-- ===== src/Received.antt =====
-- services/dividend_history.go: the dividends received by the day of each row of the history. A row's date is its
-- midnight: a text that is no date has none.
pub mod AsOf
use portfolio_dashboard.Prelude.{
  ◌≡◌, ◌↔◌, ℕ, Bool, ◌&&◌, List, [], ◌∷◌, none, some, String, ◌==◌, string_eq, nat_eq, nat_beq, map,
  if◌then◌else◌, ltb, Eq, true, ==_iff, arith,
}
use portfolio_dashboard.Prelude.Assoc.{Assoc, lookup, insert}
use portfolio_dashboard.Prelude.Sort.{sort}
use portfolio_dashboard.Clock.{Time, utc_date, day_number}
use portfolio_dashboard.Double.{Double, Int64, add64, amount_cents, cents_to_money}
use portfolio_dashboard.Domain.{ObjectId, Transaction, Holding}
use portfolio_dashboard.Gold.{is_by}

pub record DividendHistoryPoint (F : Type 0) : Type 0 where
  pub to_date : F
  pub on_day : F

pub record StockKey : Type 0 where
  pub currency : String
  pub symbol : String

abbrev stock_key_beq : StockKey → StockKey → Bool
stock_key_beq a b = a.currency == b.currency && a.symbol == b.symbol

pub stock_key_beq_iff : (a b : StockKey) → (stock_key_beq a b ≡ true) ↔ (a ≡ b)
stock_key_beq_iff a b = ground (arith, ==_iff a.currency b.currency, ==_iff a.symbol b.symbol)

instance abbrev pub stock_key_eq : Eq StockKey
stock_key_eq = record { same = stock_key_beq; same_iff = stock_key_beq_iff }

pub record DividendDay (F : Type 0) : Type 0 where
  pub by_currency : Assoc String (DividendHistoryPoint F)
  pub by_stock : Assoc StockKey F

-- The maps `toDate` and `byStock`.
pub record Received : Type 0 where
  pub to_date : Assoc String Int64
  pub by_stock : Assoc StockKey Int64

-- 0 for a missing key
abbrev pub cents_at : {K : Type 0} ⦃e : Eq K⦄ → K → Assoc K Int64 → Int64
cents_at key m = elim (lookup key m) [ none ↦ 0 | some cents ↦ cents ]

-- `m[key] += cents`
abbrev pub add_cents : {K : Type 0} ⦃e : Eq K⦄ → K → Int64 → Assoc K Int64 → Assoc K Int64
add_cents key cents m = insert key (add64 (cents_at key m) cents) m

abbrev pub nothing_received : Received
nothing_received = record { to_date = []; by_stock = [] }

module _ {F : Type 0} ⦃d : Double F⦄ where
  -- `symbolOf`
  unfoldable pub symbols_of : Assoc ObjectId String → List (Holding F) → Assoc ObjectId String
  unfolding insert
  symbols_of m [] = m
  symbols_of m (h ∷ hs) = symbols_of (insert h.id h.symbol m) hs

  abbrev pub stock_of : Assoc ObjectId String → Transaction F → StockKey
  stock_of symbols t = record {
    currency = t.currency;
    symbol = elim (lookup t.holding_id symbols) [ none ↦ "" | some symbol ↦ symbol ];
  }

  unfoldable pub receive : Assoc ObjectId String → Transaction F → Received → Received
  unfolding amount_cents lookup insert
  receive symbols t r = record {
    to_date = add_cents t.currency (amount_cents t.amount) r.to_date;
    by_stock = add_cents (stock_of symbols t) (amount_cents t.amount) r.by_stock;
  }

  unfoldable pub receive_on : Time → Transaction F → Assoc String Int64 → Assoc String Int64
  unfolding amount_cents lookup insert
  receive_on day t on_day =
      if nat_beq (utc_date t.date) day
      then add_cents t.currency (amount_cents t.amount) on_day
      else on_day

  -- The inner loop, with the dividends that are left.
  unfoldable pub advance_dividends :
      Assoc ObjectId String
      → Time
      → List (Transaction F)
      → Received
      → Assoc String Int64
      → Received × Assoc String Int64 × List (Transaction F)
  unfolding receive receive_on
  advance_dividends symbols day [] r on_day = (r, on_day, [])
  advance_dividends symbols day (t ∷ ts) r on_day =
      let rest = advance_dividends symbols day ts (receive symbols t r) (receive_on day t on_day) in
      if is_by day t.date then rest else (r, on_day, t ∷ ts)

  unfoldable pub dividend_day : Received → Assoc String Int64 → DividendDay F
  unfolding cents_to_money lookup
  dividend_day r on_day = record {
    by_currency =
        map
          (λ (currency, cents). (
            currency,
            record {
              to_date = cents_to_money cents;
              on_day = cents_to_money (cents_at currency on_day);
            },
          ))
          r.to_date;
    by_stock = map (λ (stock, cents). (stock, cents_to_money cents)) r.by_stock;
  }

  -- The walk over the dates that are left.
  unfoldable pub dividend_walk :
      Assoc ObjectId String
      → List Time
      → List (Transaction F)
      → Received
      → Assoc ℕ (DividendDay F)
      → Assoc ℕ (DividendDay F)
  unfolding advance_dividends dividend_day insert
  dividend_walk symbols [] ts r out = out
  dividend_walk symbols (date ∷ dates) ts r out =
      let (r', on_day, ts') = advance_dividends symbols (utc_date date) ts r [] in
      dividend_walk symbols dates ts' r' (insert (day_number date) (dividend_day r' on_day) out)

  -- `DividendOverlay`
  unfoldable pub dividend_overlay :
      List (Transaction F) → List (Holding F) → List Time → Assoc ℕ (DividendDay F)
  unfolding symbols_of dividend_walk sort
  dividend_overlay dividends holdings dates =
      dividend_walk (symbols_of [] holdings) (sort ltb dates) dividends nothing_received []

+===+

• **Requirement**
Within the entries above, find the string "where" and return each line that holds it.

• **Your response**
pub record DividendHistoryPoint (F : Type 0) : Type 0 where
pub record StockKey : Type 0 where
pub record DividendDay (F : Type 0) : Type 0 where
pub record Received : Type 0 where
module _ {F : Type 0} ⦃d : Double F⦄ where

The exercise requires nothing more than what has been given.